Solved: Character conversion: Unicode to non-unicode

jack_graus2 · ‎11-02-2017

There are lot of post on this subject. But none of them make clear to me how it works.

Data in SAP is maintained in Unicode format. But some external partners require the data to be converted into a different non-Unicode character set.

Example:

In SAP we have a character ß = C39F.

Our interface partner expects character set CP437. In this character set the code for character ß = E1.

So I expect SAP Unicode character C39F to be converted into character E1.

How to accomplish ?

Regards Jack

lo_xml            = cl_ixml=>create( ).
lo_encoding       = lo_xml->create_encoding( byte_order = 0 character_set = 'CP437' ).
lo_document       = lo_xml->create_document( ).
lo_stream_factory = lo_xml->create_stream_factory( ).
lo_stream         = lo_stream_factory->create_ostream_xstring( lv_data ).
lo_stream->set_encoding( lo_encoding ).
lo_renderer       = lo_xml->create_renderer( ostream = lo_stream document = lo_document  ).
lo_element        = lo_document->create_element_ns( `data` ).
lo_element->set_attribute_ns( name = 'attribute' value = `AAAAßßßß` ).
lo_document->append_child( lo_element ).
lo_renderer->render( ).

Sandra_Rossi · ‎11-02-2017

Your code is correct, but a few code pages are not fully described in table TCP00A (Relationship between standardized name and SAP code page number). For instance, it would work with code page "iso-8859-1".

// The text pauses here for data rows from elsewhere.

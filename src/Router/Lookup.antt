-- ===== src/Router/Lookup.antt =====
-- Routes are kept apart by verb and path, and a route that is added again replaces the first.
use mathlib.Core.List.{mem-cons_self, mem-cons_of_mem}
use priority_http_server.Prelude.{
  ◌≡◌, refl, ap₂, ◌&&◌, [], ◌∷◌, ◌++◌, some, arith, Mem, if◌then◌else◌, Bool_ext, &&-eq-true,
}
use priority_http_server.Prelude.Text.{Text, text_eq, text_eq_iff}
use priority_http_server.Http.{Http}
use priority_http_server.Router.{RouterTable, assign, find, make_key, add_route, find_handler}

-- A text with no space, before the first space of a text.
append_space_injective :
    (xs ys p q : Text)
    → ¬ Mem b' ' xs
    → ¬ Mem b' ' ys
    → xs ++ (b' ' ∷ p) ≡ ys ++ (b' ' ∷ q)
    → (xs ≡ ys) × (p ≡ q)
append_space_injective [] [] p q h k e = (refl, cc)
append_space_injective [] (y ∷ ys) p q h k e =
    let same : y ≡ b' ' = ground arith in absurd (k (rw same mem-cons_self))
append_space_injective (x ∷ xs) [] p q h k e =
    let same : x ≡ b' ' = ground arith in absurd (h (rw same mem-cons_self))
append_space_injective (x ∷ xs) (y ∷ ys) p q h k e =
    let rest =
      append_space_injective xs ys p q (λ m. h (mem-cons_of_mem x m)) (λ m. k (mem-cons_of_mem y m))
        (ground arith) in
    ground (arith, rest)

module _ (http : Http) where
  make_key_injective :
      (m n : http.Verb) (p q : Text) → make_key http m p ≡ make_key http n q → (m ≡ n) × (p ≡ q)
  unfolding make_key
  make_key_injective m n p q e =
      let (names, paths) =
        append_space_injective (http.verb_name m) (http.verb_name n) p q (http.verb_name_no_space m)
          (http.verb_name_no_space n) e in
      (http.verb_name_injective m n names, paths)

  same_key :
      (m n : http.Verb) (p q : Text)
      → text_eq (make_key http m p) (make_key http n q) ≡ (http.verb_eq m n && text_eq p q)
  same_key m n p q =
      Bool_ext _ _
        (λ e.
          let (verbs, paths) = make_key_injective m n p q ((text_eq_iff _ _).0 e) in
          (&&-eq-true _ _).1 ((http.verb_eq_iff m n).1 verbs, (text_eq_iff p q).1 paths))
        (λ e.
          let (verbs, paths) = (&&-eq-true _ _).0 e in
          (text_eq_iff _ _).1
            (ap₂ (make_key http) ((http.verb_eq_iff m n).0 verbs) ((text_eq_iff p q).0 paths)))

  module _ {ℓ} {H : Type ℓ} where
    find-assign :
        (key j : Text) (h : H) (table : RouterTable H)
        → find j (assign key h table) ≡ (if text_eq key j then some h else find j table)
    unfolding find assign
    find-assign key j h [] = refl
    find-assign key j h ((k, g) ∷ table) =
        ground
          (arith, text_eq_iff k key, text_eq_iff k j, text_eq_iff key j, find-assign key j h table)

    -- An exact lookup gives the handler that was added last for that verb and path, and no other
    -- route has an effect on it.
    pub find_handler-add_route :
        (m n : http.Verb) (p q : Text) (h : H) (table : RouterTable H)
        → find_handler http n q (add_route http m p h table)
          ≡ (if http.verb_eq m n && text_eq p q then some h else find_handler http n q table)
    unfolding find_handler add_route
    find_handler-add_route m n p q h table =
        rw (find-assign (make_key http m p) (make_key http n q) h table, same_key m n p q)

To complete TCP00A, you may see an example with GB18030 in note 1901768 - code page undefined for gb18030 .

Go to transaction SCP. Enter code page 1107 (SAP code page for CP437).

Change the code page.

Add attribute H 0001 CP437 and SAVE.

Try your program again.

.

EDIT: the Eszett character is the Unicode character U+00DF. C39F is its code value in UTF-8. When you indicate an invalid or unknown encoding (in TCP00A), the encoding is ignored, so UTF-8 will be used with a rendering to an XSTRING variable.

Sandra_Rossi · ‎11-02-2017

Your code is correct, but a few code pages are not fully described in table TCP00A (Relationship between standardized name and SAP code page number). For instance, it would work with code page "iso-8859-1".

To complete TCP00A, you may see an example with GB18030 in note 1901768 - code page undefined for gb18030 .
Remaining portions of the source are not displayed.